I was able to get a lot of signatures of the same message, and to record a power trace each time. Using signature verification, I was able to also retrieve the resulting curve point P each time.
The scalar multiplication algorithm is probably performed left to right, bit by bit, as a sequence of double and add operations.
My reasonable assumption is that the developers used the usual formulas: [point addition](https://www.hyperelliptic.org/EFD/g1p/auto-shortw-jacobian.html#addition-add-2007-bl) and [point doubling](https://www.hyperelliptic.org/EFD/g1p/auto-shortw-jacobian.html#doubling-dbl-2007-bl)

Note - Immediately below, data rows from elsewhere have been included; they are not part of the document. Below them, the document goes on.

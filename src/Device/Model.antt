-- ===== src/Device/Model.antt =====
-- device/src/model.rs: a device is an aggregate of audio endpoints.
use speechmesh.Common.{String, Bool, true, false, Option, some, List, [], ◌∷◌, find, keep, ◌==◌}
use speechmesh.Core.{AudioFormat}

-- `DeviceId` and `EndpointId` wrap a text.
abbrev pub DeviceId : Type 0
DeviceId = String

abbrev pub EndpointId : Type 0
EndpointId = String

pub data EndpointDirection : Type 0 where
  input output duplex : EndpointDirection

-- `==` of the derived `PartialEq`
abbrev pub same_direction : EndpointDirection → EndpointDirection → Bool
same_direction input input = true
same_direction output output = true
same_direction duplex duplex = true
same_direction _ _ = false

unfoldable pub supports_input : EndpointDirection → Bool
supports_input input = true
supports_input duplex = true
supports_input output = false

unfoldable pub supports_output : EndpointDirection → Bool
supports_output output = true
supports_output duplex = true
supports_output input = false

pub record AudioEndpoint : Type 0 where
  pub id : EndpointId
  pub display_name : Option String
  pub direction : EndpointDirection
  pub capabilities : List String
  pub supported_formats : List AudioFormat

pub record Device : Type 0 where
  pub id : DeviceId
  pub hostname : Option String
  pub platform : Option String
  pub endpoints : List AudioEndpoint

unfoldable pub from_legacy : String → Option String → Option String → Device
from_legacy device_id hostname platform = record {
  id = device_id;
  hostname = hostname;
  platform = platform;
  endpoints = default_endpoint ∷ [];
}
  where
    default_endpoint : AudioEndpoint
    default_endpoint = record {
      id = "default";
      display_name = some "Default Endpoint";
      direction = duplex;
      capabilities = "speaker" ∷ "microphone" ∷ [];
      supported_formats = [];
    }

unfoldable pub endpoint : Device → EndpointId → Option AudioEndpoint
endpoint d endpoint_id = find (λ ep. ep.id == endpoint_id) d.endpoints

unfoldable pub endpoints_by_direction : Device → EndpointDirection → List AudioEndpoint
endpoints_by_direction d direction = keep (λ ep. same_direction ep.direction direction) d.endpoints

unfoldable pub output_endpoints : Device → List AudioEndpoint
output_endpoints d = keep (λ ep. supports_output ep.direction) d.endpoints

unfoldable pub input_endpoints : Device → List AudioEndpoint
input_endpoints d = keep (λ ep. supports_input ep.direction) d.endpoints
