-- ===== src/Transport/Agent.antt =====
-- transport/src/agent.rs: the messages between an agent and the gateway. `V` is the type of the JSON
-- values in a recognition request; an empty payload is left out.
use speechmesh.Common.{ℕ, String, Bool, Option, List}
use speechmesh.Core.{AudioFormat, CapabilityDomain, SessionId}
use speechmesh.Asr.{StreamRequest, Transcript}

pub data AgentKind : Type 0 where
  asr_provider device : AgentKind

pub record AgentDeviceIdentity : Type 0 where
  pub device_id : String
  pub hostname : Option String
  pub platform : Option String

pub record AgentUpdateStatus : Type 0 where
  pub state : Option String
  pub current_version : Option String
  pub target_version : Option String
  pub checked_at_unix_secs : Option ℕ
  pub applied : Option Bool
  pub restart_performed : Option Bool
  pub error : Option String

pub record AgentHelloPayload : Type 0 where
  pub agent_id : String
  pub agent_name : String
  pub provider_id : Option String
  pub capabilities : List String
  pub capability_domains : List CapabilityDomain
  pub agent_kind : AgentKind
  pub device : Option AgentDeviceIdentity
  pub client_version : Option String
  pub update_status : Option AgentUpdateStatus
  pub shared_secret : Option String

pub record AgentSnapshot : Type 0 where
  pub agent_id : String
  pub agent_name : String
  pub provider_id : Option String
  pub capabilities : List String
  pub capability_domains : List CapabilityDomain
  pub agent_kind : AgentKind
  pub device : Option AgentDeviceIdentity
  pub client_version : Option String
  pub update_status : Option AgentUpdateStatus

pub data AgentTaskState : Type 0 where
  started finished failed : AgentTaskState

pub record AgentTaskStatusPayload : Type 0 where
  pub state : AgentTaskState
  pub message : Option String

-- The payloads with one field are that field.
pub data AgentToGatewayMessage : Type 0 where
  hello : AgentHelloPayload → AgentToGatewayMessage
  session_started : SessionId → String → AgentToGatewayMessage
  asr_partial : SessionId → String → AgentToGatewayMessage
  asr_final : SessionId → Transcript → AgentToGatewayMessage
  session_ended : SessionId → Option String → AgentToGatewayMessage
  error : Option SessionId → String → AgentToGatewayMessage
  task_status : String → AgentTaskStatusPayload → AgentToGatewayMessage
  pong : AgentToGatewayMessage

pub data GatewayToAgentMessage (V : Type 0) : Type 0 where
  hello_ok : String → GatewayToAgentMessage V
  session_start : SessionId → StreamRequest V → GatewayToAgentMessage V
  session_audio : SessionId → String → GatewayToAgentMessage V
  session_commit : SessionId → GatewayToAgentMessage V
  session_stop : SessionId → GatewayToAgentMessage V
  task_play_audio_start : String → Option AudioFormat → GatewayToAgentMessage V
  task_play_audio_chunk : String → String → GatewayToAgentMessage V
  task_play_audio_finish : String → GatewayToAgentMessage V
  ping : GatewayToAgentMessage V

After some time analyzing the traces, I have come to the conclusion that the implementation is really well protected, as I couldn't find any meaningful signal relative to these operations.

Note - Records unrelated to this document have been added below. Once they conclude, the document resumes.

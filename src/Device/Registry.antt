-- ===== src/Device/Registry.antt =====
-- device/src/registry.rs: the registered agents and the routes of the running tasks. The state
-- behind the mutex is a record, and a method that takes the lock is one function on it.
pub mod Valid
pub mod Select
use speechmesh.Common.{
  ℕ, String, Bool, true, false, not, ◌&&◌, ◌||◌, Option, none, some, List, [], ◌∷◌, map, find, keep,
  any, has_text, or_else, map_option, is_some, is_text, if◌then◌else◌, ◌==◌, ◌⧺◌,
}
use speechmesh.Common.HashMap.{
  HashMap, get, insert, remove, contains_key, values, keys_where, remove_all,
}
use speechmesh.Core.{CapabilityDomain, tts, same_domain}
use speechmesh.Transport.Agent.{AgentUpdateStatus}
use speechmesh.Device.Model.{Device}

pub data AgentKind : Type 0 where
  asr_provider device : AgentKind

pub record AgentDeviceIdentity : Type 0 where
  pub device_id : String
  pub hostname : Option String
  pub platform : Option String

-- The sending half of a channel is the number of the channel.
abbrev pub Sender : Type 0
Sender = ℕ

pub record AgentSnapshot : Type 0 where
  pub agent_id : String
  pub agent_name : String
  pub provider_id : Option String
  pub capabilities : List String
  pub capability_domains : List CapabilityDomain
  pub agent_kind : AgentKind
  pub client_version : Option String
  pub update_status : Option AgentUpdateStatus
  pub device : Option AgentDeviceIdentity
  pub device_info : Option Device

pub record RegisteredAgent : Type 0 where
  pub agent_id : String
  pub agent_name : String
  pub provider_id : Option String
  pub capabilities : List String
  pub capability_domains : List CapabilityDomain
  pub agent_kind : AgentKind
  pub client_version : Option String
  pub update_status : Option AgentUpdateStatus
  pub device : Option AgentDeviceIdentity
  pub device_info : Option Device
  pub command_tx : Sender

unfoldable pub from_agent : RegisteredAgent → AgentSnapshot
from_agent agent = record {
  agent_id = agent.agent_id;
  agent_name = agent.agent_name;
  provider_id = agent.provider_id;
  capabilities = agent.capabilities;
  capability_domains = agent.capability_domains;
  agent_kind = agent.agent_kind;
  client_version = agent.client_version;
  update_status = agent.update_status;
  device = agent.device;
  device_info = agent.device_info;
}

-- The device that an agent stands for: `device_info` first, then the older `device`.
abbrev pub agent_device_id : RegisteredAgent → Option String
agent_device_id agent =
    or_else (map_option (λ info. info.id) agent.device_info)
      (map_option (λ d. d.device_id) agent.device)

pub record AgentSnapshotFilter : Type 0 where
  pub agent_id : Option String
  pub device_id : Option String

-- A filter field that is not set admits everything.
abbrev pub admits : Option String → Option String → Bool
admits none actual = true
admits (some expected) actual = is_text actual expected

unfoldable pub matches : AgentSnapshotFilter → RegisteredAgent → Bool
matches filter agent =
    admits filter.agent_id (some agent.agent_id) && admits filter.device_id (agent_device_id agent)

pub record TaskRoute : Type 0 where
  pub agent_id : String

pub record RegistryInner : Type 0 where
  pub agents : HashMap RegisteredAgent
  pub tasks : HashMap TaskRoute

unfoldable pub new : RegistryInner
new = record { agents = []; tasks = [] }

abbrev pub routes_to : String → TaskRoute → Bool
routes_to agent_id route = route.agent_id == agent_id

-- The state without the agent and its tasks, and the tasks' ids.
unfoldable pub remove_agent_tasks_locked : RegistryInner → String → RegistryInner × List String
remove_agent_tasks_locked inner agent_id =
    let orphaned_task_ids = keys_where (routes_to agent_id) inner.tasks in
    (
      record inner {
        agents = remove agent_id inner.agents;
        tasks = remove_all orphaned_task_ids inner.tasks;
      },
      orphaned_task_ids,
    )

unfoldable pub register_agent : RegistryInner → RegisteredAgent → RegistryInner × List String
unfolding remove_agent_tasks_locked
register_agent inner agent =
    let (inner', orphaned) =
      if contains_key agent.agent_id inner.agents
      then remove_agent_tasks_locked inner agent.agent_id
      else (inner, []) in
    (record inner' { agents = insert agent.agent_id agent inner'.agents }, orphaned)

unfoldable pub unregister_agent : RegistryInner → String → RegistryInner × List String
unfolding remove_agent_tasks_locked
unregister_agent inner agent_id = remove_agent_tasks_locked inner agent_id

unfoldable pub select_agent : RegistryInner → String → Option RegisteredAgent
select_agent inner provider_id =
    find (λ agent. is_text agent.provider_id provider_id) (values inner.agents)

abbrev pub is_device : AgentKind → Bool
is_device device = true
is_device asr_provider = false

-- The capability label "speaker", or the domain TTS.
abbrev pub has_speaker_capability : RegisteredAgent → Bool
has_speaker_capability agent =
    has_text agent.capabilities "speaker" || any (λ d. same_domain d tts) agent.capability_domains

-- The test that `select_speaker_agent` makes of one agent.
unfoldable pub is_speaker_match : Option String → Option String → RegisteredAgent → Bool
is_speaker_match device_id agent_id agent =
    is_device agent.agent_kind
    && has_speaker_capability agent
    && admits agent_id (some agent.agent_id)
    && admits device_id (agent_device_id agent)

unfoldable pub select_speaker_agent :
    RegistryInner → Option String → Option String → Option RegisteredAgent
select_speaker_agent inner device_id agent_id =
    find (is_speaker_match device_id agent_id) (values inner.agents)

-- An error leaves the state as it was.
pub data TaskResult : Type 0 where
  registered : RegistryInner → TaskResult
  already_active : String → TaskResult

unfoldable pub register_task : RegistryInner → String → String → TaskResult
register_task inner task_id agent_id =
    if contains_key task_id inner.tasks
    then already_active ("task_id " ⧺ task_id ⧺ " is already active")
    else registered
        (record inner { tasks = insert task_id (record { agent_id = agent_id }) inner.tasks })

unfoldable pub remove_task : RegistryInner → String → RegistryInner × Option TaskRoute
remove_task inner task_id =
    (record inner { tasks = remove task_id inner.tasks }, get task_id inner.tasks)

unfoldable pub task_agent_id : RegistryInner → String → Option String
task_agent_id inner task_id = map_option (λ route. route.agent_id) (get task_id inner.tasks)

unfoldable pub agent_command_tx : RegistryInner → String → Option Sender
agent_command_tx inner agent_id = map_option (λ agent. agent.command_tx) (get agent_id inner.agents)

unfoldable pub get_registered_agent : RegistryInner → String → Option RegisteredAgent
get_registered_agent inner agent_id = get agent_id inner.agents

unfoldable pub snapshot : RegistryInner → AgentSnapshotFilter → List AgentSnapshot
snapshot inner filter = map from_agent (keep (matches filter) (values inner.agents))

However, a small window of several thousands of points seems to be exploitable. This leakage occurs right after the numerous similar patterns of the scalar multiplication, and they should hence correspond to the conversion of the point from a projective coordinates representation to an affine coordinates representation.

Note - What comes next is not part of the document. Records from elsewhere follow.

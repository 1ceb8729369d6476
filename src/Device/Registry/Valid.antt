-- ===== src/Device/Registry/Valid.antt =====
-- What holds of the registry between two calls, and what each call that changes it does.
use speechmesh.Common.{
  String, true, false, ◌≡◌, none, some, List, [], arith, has_text, Bool-cases, Option-cases, inl,
  inr, if◌then◌else◌, ◌==◌, eq_iff, ◌≢◌, ap, sym, subst, ◌∙◌,
}
use speechmesh.Common.HashMap.{
  HashMap, get, insert, remove, contains_key, keys_where, remove_all, get-insert, get-remove,
}
use speechmesh.Common.HashMap.Distinct.{
  IsDistinct, insert-IsDistinct, remove-IsDistinct, remove_all-IsDistinct, holds, drop_if,
  has_text-keys_where, get-remove_all-keys_where,
}
use speechmesh.Device.Registry.{
  RegisteredAgent, TaskRoute, RegistryInner, registered, routes_to, new, register_agent,
  unregister_agent, register_task, remove_task,
}

-- An agent stands under its own id, and every running task belongs to a registered agent.
pub record IsValid (s : RegistryInner) : Type 0 where
  pub agents_distinct : IsDistinct s.agents
  pub tasks_distinct : IsDistinct s.tasks
  pub agents_keyed : (k : String) (a : RegisteredAgent) → get k s.agents ≡ some a → a.agent_id ≡ k
  pub tasks_owned :
      (t : String) (r : TaskRoute)
      → get t s.tasks ≡ some r
      → contains_key r.agent_id s.agents ≡ true

-- `m` is a map without the tasks of an agent, and `ids` holds the tasks that it lost.
pub record Orphans (agent_id : String) (before after : HashMap TaskRoute) (ids : List String)
    : Type 0 where
  pub left : (t : String) → get t after ≡ drop_if (routes_to agent_id) (get t before)
  pub lost : (t : String) → has_text ids t ≡ holds (routes_to agent_id) (get t before)

pub keys_where-Orphans :
    (agent_id : String) (m : HashMap TaskRoute)
    → IsDistinct m
    → let ids = keys_where (routes_to agent_id) m in Orphans agent_id m (remove_all ids m) ids
keys_where-Orphans agent_id m d = record {
  left = λ t. get-remove_all-keys_where (routes_to agent_id) t m d;
  lost = λ t. has_text-keys_where (routes_to agent_id) t m d;
}

-- An agent that is not registered has no tasks.
unowned :
    (s : RegistryInner) (agent_id t : String)
    → IsValid s
    → get agent_id s.agents ≡ none
    → holds (routes_to agent_id) (get t s.tasks) ≡ false
unowned s agent_id t v free = elim (Option-cases (get t s.tasks)) [
  | inl e ↦ rw e
  | inr (r, e) ↦ rw e (ground (arith, v.tasks_owned t r e, eq_iff r.agent_id agent_id))
]

unowned-Orphans :
    (s : RegistryInner) (agent_id : String)
    → IsValid s
    → get agent_id s.agents ≡ none
    → Orphans agent_id s.tasks s.tasks []
unowned-Orphans s agent_id v free = record {
  left = λ t. ground (arith, unowned s agent_id t v free);
  lost = λ t. ground (arith, unowned s agent_id t v free);
}

-- Unregistering takes the agent out, and with it exactly its tasks, which it reports.
pub unregister_agent_effect :
    (s : RegistryInner) (agent_id : String)
    → IsValid s
    → ((k : String)
        → get k (unregister_agent s agent_id).0.agents
          ≡ (if agent_id == k then none else get k s.agents))
      × Orphans agent_id s.tasks
          (unregister_agent s agent_id).0.tasks
          (unregister_agent s agent_id).1
unfolding unregister_agent
unregister_agent_effect s agent_id v =
    (λ k. get-remove agent_id k s.agents, keys_where-Orphans agent_id s.tasks v.tasks_distinct)

-- Registering puts the agent in place of any with its id, and ends exactly the tasks of that one.
pub register_agent_effect :
    (s : RegistryInner) (agent : RegisteredAgent)
    → IsValid s
    → ((k : String)
        → get k (register_agent s agent).0.agents
          ≡ (if agent.agent_id == k then some agent else get k s.agents))
      × Orphans agent.agent_id s.tasks (register_agent s agent).0.tasks (register_agent s agent).1
unfolding register_agent
register_agent_effect s agent v = elim (Option-cases (get agent.agent_id s.agents)) [
  | inl free ↦
      rw free
        (λ k. get-insert agent.agent_id k agent s.agents, unowned-Orphans s agent.agent_id v free)
  | inr (old, e) ↦ rw e (
    λ k. ground (
      arith,
      get-insert agent.agent_id k agent (remove agent.agent_id s.agents),
      get-remove agent.agent_id k s.agents,
    ),
    keys_where-Orphans agent.agent_id s.tasks v.tasks_distinct,
  )
]

-- The invariant passes to a state whose tasks are those before, less the ones of an agent, and whose
-- agents are those before, but for that agent.
removal-owned :
    (agent_id : String) (s : RegistryInner) (agents : HashMap RegisteredAgent)
    (tasks : HashMap TaskRoute) (ids : List String)
    → IsValid s
    → Orphans agent_id s.tasks tasks ids
    → ((k : String) → agent_id ≢ k → get k agents ≡ get k s.agents)
    → (t : String) (r : TaskRoute) → get t tasks ≡ some r
    → contains_key r.agent_id agents ≡ true
removal-owned agent_id s agents tasks ids v o same t r e = elim (Option-cases (get t s.tasks)) [
  | inl free ↦ absurd (ground (arith, o.left t))
  | inr (q, at) ↦ ground (
    arith,
    o.left t,
    v.tasks_owned t q at,
    same r.agent_id (λ h. ground (arith, o.left t, eq_iff q.agent_id agent_id)),
  )
]

pub unregister_agent-IsValid :
    (s : RegistryInner) (agent_id : String) → IsValid s → IsValid (unregister_agent s agent_id).0
unregister_agent-IsValid s agent_id v =
    let (agents, o) = unregister_agent_effect s agent_id v in
    record {
      agents_distinct =
          unfold unregister_agent in remove-IsDistinct agent_id s.agents v.agents_distinct;
      tasks_distinct = unfold unregister_agent in remove_all-IsDistinct _ s.tasks v.tasks_distinct;
      agents_keyed = λ k a e. v.agents_keyed k a (ground (arith, agents k));
      tasks_owned =
          removal-owned agent_id s (unregister_agent s agent_id).0.agents
            (unregister_agent s agent_id).0.tasks _ v o
            (λ k ne. ground (arith, agents k, eq_iff agent_id k));
    }

pub register_agent-IsDistinct :
    (s : RegistryInner) (agent : RegisteredAgent)
    → IsDistinct s.agents
    → IsDistinct s.tasks
    → IsDistinct (register_agent s agent).0.agents × IsDistinct (register_agent s agent).0.tasks
unfolding register_agent
register_agent-IsDistinct s agent da dt = elim (Bool-cases (contains_key agent.agent_id s.agents)) [
  | inl old ↦ rw old (
    insert-IsDistinct _ agent _ (remove-IsDistinct _ s.agents da),
    remove_all-IsDistinct _ s.tasks dt,
  )
  | inr free ↦ rw free (insert-IsDistinct _ agent s.agents da, dt)
]

pub register_agent-IsValid :
    (s : RegistryInner) (agent : RegisteredAgent) → IsValid s → IsValid (register_agent s agent).0
register_agent-IsValid s agent v =
    let (agents, o) = register_agent_effect s agent v in
    let (da, dt) = register_agent-IsDistinct s agent v.agents_distinct v.tasks_distinct in
    record {
      agents_distinct = da;
      tasks_distinct = dt;
      agents_keyed = λ k a e. ground (arith, agents k, v.agents_keyed k a, eq_iff agent.agent_id k);
      tasks_owned =
          removal-owned agent.agent_id s (register_agent s agent).0.agents
            (register_agent s agent).0.tasks _ v o
            (λ k ne. ground (arith, agents k, eq_iff agent.agent_id k));
    }

-- A task starts only if none with its id runs, and nothing else changes.
pub register_task-registered :
    (s s' : RegistryInner) (task_id agent_id : String)
    → register_task s task_id agent_id ≡ registered s'
    → (get task_id s.tasks ≡ none)
      × (s' ≡ record s { tasks = insert task_id (record { agent_id = agent_id }) s.tasks })
unfolding register_task
register_task-registered s s' task_id agent_id h = elim (Option-cases (get task_id s.tasks)) [
  | inl free ↦ (free, ground (arith, free, h))
  | inr (r, busy) ↦ absurd (ground (arith, busy, h))
]

pub register_task_effect :
    (s s' : RegistryInner) (task_id agent_id : String)
    → register_task s task_id agent_id ≡ registered s'
    → (get task_id s.tasks ≡ none)
      × (s'.agents ≡ s.agents)
      × ((t : String)
          → get t s'.tasks
            ≡ (if task_id == t then some (record { agent_id = agent_id }) else get t s.tasks))
register_task_effect s s' task_id agent_id h =
    let (free, e) = register_task-registered s s' task_id agent_id h in
    (
      free,
      ap (λ (x : RegistryInner). x.agents) e,
      λ t. ap (λ (x : RegistryInner). get t x.tasks) e ∙ get-insert task_id t _ s.tasks,
    )

pub register_task-IsValid :
    (s s' : RegistryInner) (task_id agent_id : String)
    → IsValid s
    → contains_key agent_id s.agents ≡ true
    → register_task s task_id agent_id ≡ registered s'
    → IsValid s'
register_task-IsValid s s' task_id agent_id v owner h =
    subst IsValid (sym (register_task-registered s s' task_id agent_id h).1) (record {
      agents_distinct = v.agents_distinct;
      tasks_distinct = insert-IsDistinct task_id _ s.tasks v.tasks_distinct;
      agents_keyed = v.agents_keyed;
      tasks_owned = λ t r e.
          ground (
            arith,
            get-insert task_id t (record { agent_id = agent_id }) s.tasks,
            v.tasks_owned t r,
          );
    })

pub remove_task-IsValid :
    (s : RegistryInner) (task_id : String) → IsValid s → IsValid (remove_task s task_id).0
unfolding remove_task
remove_task-IsValid s task_id v = record {
  agents_distinct = v.agents_distinct;
  tasks_distinct = remove-IsDistinct task_id s.tasks v.tasks_distinct;
  agents_keyed = v.agents_keyed;
  tasks_owned = λ t r e. ground (arith, get-remove task_id t s.tasks, v.tasks_owned t r);
}

pub new-IsValid : IsValid new
unfolding new get
new-IsValid = record {
  agents_distinct = tt;
  tasks_distinct = tt;
  agents_keyed = λ k a e. cc;
  tasks_owned = λ t r e. cc;
}

-- The calls that change a registry. A task is started for an agent that is registered.
pub data Step (s : RegistryInner) : RegistryInner → Type 0 where
  connects : (agent : RegisteredAgent) → Step s (register_agent s agent).0
  disconnects : (agent_id : String) → Step s (unregister_agent s agent_id).0
  starts :
      (task_id agent_id : String) {s' : RegistryInner}
      → contains_key agent_id s.agents ≡ true
      → register_task s task_id agent_id ≡ registered s'
      → Step s s'
  ends : (task_id : String) → Step s (remove_task s task_id).0

pub data Reach : RegistryInner → Type 0 where
  start : Reach new
  after : {s t : RegistryInner} → Reach s → Step s t → Reach t

Step-IsValid : {s t : RegistryInner} → Step s t → IsValid s → IsValid t
Step-IsValid {s} (connects agent) v = register_agent-IsValid s agent v
Step-IsValid {s} (disconnects agent_id) v = unregister_agent-IsValid s agent_id v
Step-IsValid {s} (starts task_id agent_id {s'} owner h) v =
    register_task-IsValid s s' task_id agent_id v owner h
Step-IsValid {s} (ends task_id) v = remove_task-IsValid s task_id v

-- After any registrations, removals, task starts for registered agents and task ends, from the
-- empty registry on, each agent stands under its own id, each key stands once, and every running
-- task belongs to a registered agent.
pub Reach-IsValid : {s : RegistryInner} → Reach s → IsValid s
Reach-IsValid start = new-IsValid
Reach-IsValid (after r st) = Step-IsValid st (Reach-IsValid r)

Once again, I have a reasonable assumption that the algorithm used to perform the inversion of the Z coordinate is the classic extended binary GCD, that is described for example in Algorithm 1. [here](https://eprint.iacr.org/2020/972.pdf).
I don't have any idea what to do of all this, but I really need this private key!
I extracted from my traces the relevant window. You can download the resulting campaign as an hdf5 file [here](https://cdn.donjon-ctf.io/all_signatures.h5).
Can you help me retrieve the private key?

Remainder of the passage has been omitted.